Modeling Switchgrass Production in South Carolina Based on Farmers’ Decisions: A Stochastic and Spatial AnalysisEPA Grant Number: FP917172
Title: Modeling Switchgrass Production in South Carolina Based on Farmers’ Decisions: A Stochastic and Spatial Analysis
Investigators: Sharp, Benjamin Elias
Institution: Clemson University
EPA Project Officer: Zambrana, Jose
Project Period: August 18, 2010 through August 17, 2013
Project Amount: $111,000
RFA: STAR Graduate Fellowships (2010) RFA Text | Recipients Lists
Research Category: Fellowship - Science & Technology for Sustainability: Environmental Behavior & Decision Making , Academic Fellowships
Some bioenergy development has resulted in economic and environmental backlash, such as with corn and sugar cane; yet in other cases, it remains a promising alternative energy solution. Examining future bioenergy systems before processes become established offers opportunities to better understand potential outcomes and reveal to stakeholders more desirable paths of development in terms of environmental and economic costs. This research will expand on traditional Life Cycle Assessment (LCA) for determining environmental impact. Making use of innovative LCA techniques will generate information that will translate to clear and meaningful information for emerging bioenergy systems.
Bioenergy production has had mixed success in terms of environmental impact, net energy generating, and economic costs. By performing careful analyses prior to alternative energy industries becoming established, we can estimate probable development scenarios. Resulting data will reveal opportunities and help avoid negative outcomes.
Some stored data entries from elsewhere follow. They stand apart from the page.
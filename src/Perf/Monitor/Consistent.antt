-- ===== src/Perf/Monitor/Consistent.antt =====
-- One registration with the event monitor of pkg/sys/perf/monitor.go, or one removal, leaves it
-- consistent.
use capsule.Prelude.{
  ℕ, ◌<◌, List, [], Bool, true, false, Option, none, some, ◌≡◌, inl, inr, refl, sym, ◌∙◌, arith,
}
use capsule.Prelude.Maps.{number_key, GoMap, Unique, lookup, put_all}
use capsule.Prelude.Maps.Laws.{names, put_all-Unique}
use capsule.Prelude.Maps.Entries.{of_insert, of_delete, of_or_else, of_put_all}
use capsule.Api.Value.{Bytes}
use capsule.Perf.Attr.{EventAttr}
use capsule.Perf.SafeMap.{find, get_map, contents}
use capsule.Perf.DecoderMap.{DecoderMap}
use capsule.Perf.Monitor.{
  RegisteredEvent, EventMonitor, EventType, new_event_monitor, stream_ids, all_to, places, commit,
  abandon, after_streams, unregister_event, unregister_found, remove_registered_event,
}
use capsule.Perf.Monitor.Invariant.{Tracked, updated_lem}
use capsule.Perf.Monitor.Register.{
  Distinct, Absent, Opens, names-stream_ids, stream_ids-Unique, names-places, own, still,
}
use capsule.Perf.Monitor.Streams.{
  new_one, old_one, before_ids, after_ids, none_named, closes, nothing,
}

-- The monitor keeps track of its events, whose identifiers have all been given out.
pub record IsConsistent {F : Type 0} (m : EventMonitor F) : Type 0 where
  pub tracked : Tracked m.events m
  pub below : (i : ℕ) (e : RegisteredEvent) → lookup i m.events ≡ some e → i < m.next_event_id

module _ {F : Type 0} where
  -- The monitor once descriptors were opened, or not.
  abbrev pub with_open :
      GoMap ℕ (Unit {0}) → Option (DecoderMap F) → EventMonitor F → EventMonitor F
  with_open now decoders m = record m { open_fds = now; decoders = decoders }

  pub unopened :
      (m : EventMonitor F) (now : GoMap ℕ (Unit {0})) (decoders : Option (DecoderMap F))
      → Opens [] m.open_fds now
      → IsConsistent m
      → IsConsistent (with_open now decoders m)
  unfolding Opens names
  unopened m now decoders o c =
      let t = c.tracked in
      record {
        tracked = record {
          fds = t.fds;
          opened = λ fd u h. elim (o fd u h) [ inl e ↦ cc | inr k ↦ t.opened fd u k ];
          ids = t.ids;
          attrs_valid = t.attrs_valid;
          streams_valid = t.streams_valid;
          attrs = t.attrs;
          streams = t.streams;
        };
        below = c.below;
      }

  unused : (m : EventMonitor F) → IsConsistent m → lookup m.next_event_id m.events ≡ none
  unused m c = go (lookup m.next_event_id m.events) refl
    where
      go : (o : Option RegisteredEvent) → lookup m.next_event_id m.events ≡ o → o ≡ none
      go none h = refl
      go (some e) h = absurd (omega (arith, c.below m.next_event_id e h))

  commit-IsConsistent :
      (name : Bytes) (event_type : EventType) (attr : EventAttr) (newfds : List ℕ)
      (stream_id : ℕ → Option ℕ) (m : EventMonitor F) (now : GoMap ℕ (Unit {0}))
      (decoders : Option (DecoderMap F))
      → Opens newfds m.open_fds now
      → Distinct newfds
      → Absent newfds m.eventids
      → IsConsistent m
      → IsConsistent (
          commit name event_type attr newfds
            (stream_ids stream_id newfds).0
            (with_open now decoders m))
  unfolding commit Opens Unique
  commit-IsConsistent name event_type attr newfds stream_id m now decoders o d a c =
      let t = c.tracked in
      let ids : GoMap ℕ ℕ = (stream_ids stream_id newfds).0 in
      let event : RegisteredEvent = record { name = name; fds = newfds; event_type = event_type } in
      let u = stream_ids-Unique stream_id newfds d in
      let (v, f) =
        updated_lem m.is_running _ m.event_attr_map (put_all-Unique (all_to attr ids) [] tt)
          t.attrs_valid in
      let (w, g) =
        updated_lem m.is_running _ m.event_id_map
          (put_all-Unique (all_to m.next_event_id ids) [] tt) t.streams_valid in
      record {
        tracked = record {
          fds = λ fd i h. elim (of_put_all (places 0 newfds) fd m.eventfds i h) [
            | inl n ↦ own m.next_event_id event m.events fd (names-places 0 newfds fd n)
            | inr (n, k) ↦ still m.next_event_id event m.events fd (unused m c) (t.fds fd i k)
          ];
          opened = λ fd u h. elim (o fd u h) [
            | inl n ↦ own m.next_event_id event m.events fd n
            | inr k ↦ still m.next_event_id event m.events fd (unused m c) (t.opened fd u k)
          ];
          ids = λ fd id h. elim (of_put_all ids fd m.eventids id h) [
            | inl n ↦ own m.next_event_id event m.events fd (names-stream_ids stream_id newfds fd n)
            | inr (n, k) ↦ still m.next_event_id event m.events fd (unused m c) (t.ids fd id k)
          ];
          attrs_valid = v;
          streams_valid = w;
          attrs = λ id x h.
              elim (of_or_else (lookup id (put_all (all_to attr ids) [])) (find m.event_attr_map id)
                x (sym (f id) ∙ h)) [
                  | inl k ↦ new_one newfds stream_id m.eventids attr id x d k
                  | inr k ↦ old_one newfds stream_id m.eventids id a (t.attrs id x k)
                ];
          streams = λ id x h.
              elim (of_or_else (lookup id (put_all (all_to m.next_event_id ids) []))
                (find m.event_id_map id) x (sym (g id) ∙ h)) [
                  | inl k ↦ new_one newfds stream_id m.eventids m.next_event_id id x d k
                  | inr k ↦ old_one newfds stream_id m.eventids id a (t.streams id x k)
                ];
        };
        below = λ i e h. elim (of_insert m.next_event_id i event m.events e h) [
          | inl (z, k) ↦ omega arith
          | inr (z, k) ↦ omega (arith, c.below i e k)
        ];
      }

  abandon-IsConsistent :
      (name : Bytes) (newfds : List ℕ) (stream_id : ℕ → Option ℕ) (m : EventMonitor F)
      (now : GoMap ℕ (Unit {0})) (decoders : Option (DecoderMap F))
      → Opens newfds m.open_fds now
      → Absent newfds m.eventids
      → IsConsistent m
      → IsConsistent
          (abandon name newfds (stream_ids stream_id newfds).0 (with_open now decoders m))
  unfolding abandon
  abandon-IsConsistent name newfds stream_id m now decoders o a c =
      let t = c.tracked in
      record {
        tracked = record {
          fds = t.fds;
          opened = λ fd u h. elim (closes newfds m.open_fds now o fd u h) [
            | inl e ↦ none_named fd e
            | inr k ↦ t.opened fd u k
          ];
          ids = λ fd id h. t.ids fd id (before_ids newfds stream_id m.eventids fd id h);
          attrs_valid = t.attrs_valid;
          streams_valid = t.streams_valid;
          attrs = λ id x h. after_ids newfds stream_id m.eventids id a (t.attrs id x h);
          streams = λ id x h. after_ids newfds stream_id m.eventids id a (t.streams id x h);
        };
        below = c.below;
      }

  pub after_streams-IsConsistent :
      (E : Type 0) (name : Bytes) (event_type : EventType) (attr : EventAttr) (newfds : List ℕ)
      (stream_id : ℕ → Option ℕ) (all : Bool) (m : EventMonitor F) (now : GoMap ℕ (Unit {0}))
      (decoders : Option (DecoderMap F))
      → Opens newfds m.open_fds now
      → Distinct newfds
      → Absent newfds m.eventids
      → IsConsistent m
      → IsConsistent
          (after_streams {E = E} name event_type attr newfds
            (stream_ids stream_id newfds).0
            all
            (with_open now decoders m)).1
  unfolding after_streams
  after_streams-IsConsistent E name event_type attr newfds stream_id true m now decoders o d a c =
      commit-IsConsistent name event_type attr newfds stream_id m now decoders o d a c
  after_streams-IsConsistent E name event_type attr newfds stream_id false m now decoders o d a c =
      abandon-IsConsistent name newfds stream_id m now decoders o a c

  pub below_rest :
      (id : ℕ) (m : EventMonitor F)
      → IsConsistent m
      → (i : ℕ) (e : RegisteredEvent) → lookup i (unregister_event id m).1.events ≡ some e
      → i < (unregister_event id m).1.next_event_id
  unfolding unregister_event unregister_found remove_registered_event
  below_rest id m c i e h = go (lookup id m.events) h
    where
      go :
          (o : Option RegisteredEvent)
          → lookup i (unregister_found o id m).1.events ≡ some e
          → i < (unregister_found o id m).1.next_event_id
      go none h = c.below i e h
      go (some event) h = let (z, k) = of_delete id i m.events e h in c.below i e k

  pub new-IsConsistent : (attr : EventAttr) → IsConsistent {F = F} (new_event_monitor attr)
  unfolding find get_map contents Unique
  new-IsConsistent attr = record {
    tracked = record {
      fds = λ fd i h. nothing fd i h;
      opened = λ fd u h. nothing fd u h;
      ids = λ fd id h. nothing fd id h;
      attrs_valid = record { allocated = tt; keyed = tt };
      streams_valid = record { allocated = tt; keyed = tt };
      attrs = λ id a h. nothing id a h;
      streams = λ id e h. nothing id e h;
    };
    below = λ i e h. nothing i e h;
  }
This project analyzes switchgrass production for bioenergy in South Carolina and will help to determine its potential environmental impact and economic viability.
South Carolina lacks a major energy source. It does have, however, a favorable agricultural climate, suggesting that bioenergy could be an option for the region. For this reason, it is important to explore the likelihood of South Carolina growers to begin producing switchgrass (Panicum virgatum) as an energy crop. Aggregate estimations will be based on a model that takes into account data on farmers’ willingness to adopt new crops, the expected profitability, and the spatial compatibility of growing switchgrass. This stochastic model will be geared toward fitting results into an overall LCA of the switchgrass-for-energy industry.
By incorporating projected switchgrass production data into existing standards of life-cycle measures, it is possible to communicate relevant information about likely outcomes. The results will shed light on the environmental impact and the economic viability of growing switchgrass for bioenergy. Furthermore, these probabilistic scenarios of production can be adjusted according to different system perturbations such as incentives or technological breakthroughs. Subsequent results will inform farmers, processors, policy makers, energy providers, and energy consumers. With this type of shared knowledge, switchgrass-to-energy may become a sustainable bioenergy success for South Carolina.
Potential to Further Environmental/Human Health Protection
Overcoming path dependency in energy production and consumption is a pressing challenge. Developing processes for understanding how alternatives are adopted and identifying the drawbacks are important for identifying how shifts to sustainable, renewable energy might be realized. Using the switchgrass-bioenergy industry in South Carolina as an emerging system, this research will offer a set of techniques to reveal important insights for the development of similar large-scale energy solutions.